■ **EXERCISE AIM**: Only those lines in the data below from the line containing "stop-Reads (s.all_validators v) _ s" through the line containing "after_read (returned a)", both included, should be restated word for word.

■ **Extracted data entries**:
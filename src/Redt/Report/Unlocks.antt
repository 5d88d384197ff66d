-- ===== src/Redt/Report/Unlocks.antt =====
-- SignersForHeader (redt/redt.go) ends and leaves countersLock free, also when it panics.
use signers.Base.{
  ℕ, ◌+◌, ◌-◌, ◌≡◌, refl, List, [], ◌∷◌, Option, none, some, arith, get_elem?, sym, if◌then◌else◌,
  ap, ◌∙◌, false,
}
use mathlib.Core.Path.{subst}
use signers.Base.Text.{Text}
use signers.Base.Exec.{
  Outcome, returned, exited, panicked, blocked, Exec, after, deferred, continue, stop, ◌>>=◌,
}
use signers.Redt.Types.{Address, Header, ValInfo, Geth}
use signers.Redt.Node.{Node, validators, with_rlock}
use signers.Redt.Node.Unlocks.{Ended, Unlocked, Unlocked-bind}
use signers.Redt.Stats.{update_statistics_for_block}
use signers.Redt.Stats.Unlocks.{update_statistics_for_block-Unlocked}
use signers.Redt.Stats.Counting.{IsFree}
use signers.Redt.Report.{
  next_operator, next_proposer, next_index, for_validators, read_report, signers_for_header,
  or_panic, report_row,
}

-- A call that returned or panicked: its deferred calls were made.
abbrev Settled {ℓ} : {A : Type ℓ} → Outcome A → Type 0
Settled (returned a) = Unit
Settled panicked = Unit
Settled _ = ⊥

module _ (g : Geth) where
  -- The call returned or panicked, and changed nothing.
  abbrev Reads : {A : Type 0} → Outcome A × Node g → Node g → Type 0
  Reads (o, t) s = Settled o × (t ≡ s)

  or_panic-Settled : {A : Type 0} (o : Option A) → Settled (or_panic o)
  or_panic-Settled none = tt
  or_panic-Settled (some a) = tt

  module _ {A B : Type 0} where
    Reads-continue :
        (o : Outcome A) (s : Node g) (f : A → Exec (Node g) B)
        → Settled o
        → ((a : A) → Reads (f a s) s)
        → Reads (continue o f s) s
    Reads-continue (returned a) s f h k = k a
    Reads-continue exited s f h k = absurd h
    Reads-continue panicked s f h k = (tt, refl)
    Reads-continue blocked s f h k = absurd h

    Reads-bind :
        (m : Exec (Node g) A) (f : A → Exec (Node g) B) (s : Node g)
        → Reads (m s) s
        → ((a : A) → Reads (f a s) s)
        → Reads ((m >>= f) s) s
    Reads-bind m f s (ended, same) k =
        subst (λ t. Reads (continue (m s).0 f t) s) (sym same) (Reads-continue (m s).0 s f ended k)

    stop-Reads :
        (o : Option A) (f : A → Exec (Node g) B) (s : Node g)
        → ((a : A) → Reads (f a s) s)
        → Reads ((stop (or_panic o) >>= f) s) s
    stop-Reads o f s = Reads-bind (stop (or_panic o)) f s (or_panic-Settled o, refl)

  next_operator-Reads : (author : Address) (s : Node g) → Reads (next_operator g author s) s
  unfolding next_operator next_proposer validators
  next_operator-Reads author s =
      stop-Reads (get_elem? s.val_set (next_index author s.val_set)) _ s
        (λ next. stop-Reads (s.all_validators next) _ s (λ item. (tt, refl)))

  for_validators-Reads :
      {A : Type 0} (row : ValInfo → A) (vs : List Address) (s : Node g)
      → Reads (for_validators g row vs s) s
  unfolding for_validators
  for_validators-Reads row [] s = (tt, refl)
  for_validators-Reads row (v ∷ vs) s =
      let rest = for_validators-Reads row vs s in
      stop-Reads (s.all_validators v) _ s
        (λ item. Reads-bind (for_validators g row vs) _ s rest (λ rows. (tt, refl)))

  read_report-Reads :
      (h : Header) (latest : ℕ) (author : Address) (signers : List Address) (next : Text)
      (s : Node g)
      → Reads (read_report g h latest author signers next s) s
  unfolding read_report validators
  read_report-Reads h latest author signers next s =
      stop-Reads (s.all_validators author) _ s (λ oper.
        Reads-bind (for_validators g (report_row g author signers s) s.val_set) _ s
          (for_validators-Reads (report_row g author signers s) s.val_set s) (λ rows. (tt, refl)))

  Settled-Ended : {A : Type 0} (o : Outcome A) → Settled o → Ended o
  Settled-Ended (returned a) h = tt
  Settled-Ended exited h = tt
  Settled-Ended panicked h = tt
  Settled-Ended blocked h = h

  Reads-Unlocked :
      {A : Type 0} (r : Outcome A × Node g) (s : Node g) → IsFree s → Reads r s → Unlocked g r
  Reads-Unlocked (o, t) s free (settled, same) =
      (Settled-Ended o settled, subst IsFree (sym same) free)

  after_read :
      {A : Type 0} (o : Outcome A) (s : Node g)
      → s.locked ≡ false
      → s.readers ≡ 1
      → Settled o
      → Unlocked g (o, after o (λ t. record t { readers = t.readers - 1 }) s)
  after_read (returned a) s unlocked one settled = (tt, (unlocked, omega arith))
  after_read exited s unlocked one settled = absurd settled
  after_read panicked s unlocked one settled = (tt, (unlocked, omega arith))
  after_read blocked s unlocked one settled = absurd settled

  with_rlock-Unlocked :
      {A : Type 0} (m : Exec (Node g) A) (s : Node g)
      → IsFree s
      → ((t : Node g) → Reads (m t) t)
      → Unlocked g (with_rlock m s)
  with_rlock-Unlocked m s (unlocked, quiet) reads =
      let t : Node g = record s { readers = s.readers + 1 } in
      let (settled, same) = reads t in
      let one : (m t).1.readers ≡ 1 = omega (arith, ap (λ u. u.readers) same) in
      subst
        (λ b.
          Unlocked g
            (if b then (blocked, s) else deferred (λ u. record u { readers = u.readers - 1 }) m t))
        (sym unlocked) (after_read (m t).0 (m t).1 (ap (λ u. u.locked) same ∙ unlocked) one settled)

  -- A call of SignersForHeader that finds the lock free never waits for it, and whether it returns,
  -- panics or ends the process, the lock is free afterwards: no writer and no reader holds it.
  pub signers_for_header-Unlocked :
      (h : Header) (latest : ℕ) (s : Node g)
      → IsFree s
      → Unlocked g (signers_for_header g h latest s)
  unfolding signers_for_header
  signers_for_header-Unlocked h latest s free =
      Unlocked-bind g (update_statistics_for_block g h) _ s
        (update_statistics_for_block-Unlocked g h s free)
        (λ found t free'.
          Unlocked-bind g (next_operator g found.0) _ t
            (Reads-Unlocked (next_operator g found.0 t) t free' (next_operator-Reads found.0 t))
            (λ next u free''.
              Unlocked-bind g (with_rlock (read_report g h latest found.0 found.1 next)) _ u
                (with_rlock-Unlocked (read_report g h latest found.0 found.1 next) u free''
                  (read_report-Reads h latest found.0 found.1 next))
                (λ report v still. (tt, still))))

■ **RESPONSE**:
      stop-Reads (s.all_validators v) _ s
        (λ item. Reads-bind (for_validators g row vs) _ s rest (λ rows. (tt, refl)))

  read_report-Reads :
      (h : Header) (latest : ℕ) (author : Address) (signers : List Address) (next : Text)
      (s : Node g)
      → Reads (read_report g h latest author signers next s) s
  unfolding read_report validators
  read_report-Reads h latest author signers next s =
      stop-Reads (s.all_validators author) _ s (λ oper.
        Reads-bind (for_validators g (report_row g author signers s) s.val_set) _ s
          (for_validators-Reads (report_row g author signers s) s.val_set s) (λ rows. (tt, refl)))

  Settled-Ended : {A : Type 0} (o : Outcome A) → Settled o → Ended o
  Settled-Ended (returned a) h = tt
  Settled-Ended exited h = tt
  Settled-Ended panicked h = tt
  Settled-Ended blocked h = h

  Reads-Unlocked :
      {A : Type 0} (r : Outcome A × Node g) (s : Node g) → IsFree s → Reads r s → Unlocked g r
  Reads-Unlocked (o, t) s free (settled, same) =
      (Settled-Ended o settled, subst IsFree (sym same) free)

  after_read :
      {A : Type 0} (o : Outcome A) (s : Node g)
      → s.locked ≡ false
      → s.readers ≡ 1
      → Settled o
      → Unlocked g (o, after o (λ t. record t { readers = t.readers - 1 }) s)
  after_read (returned a) s unlocked one settled = (tt, (unlocked, omega arith))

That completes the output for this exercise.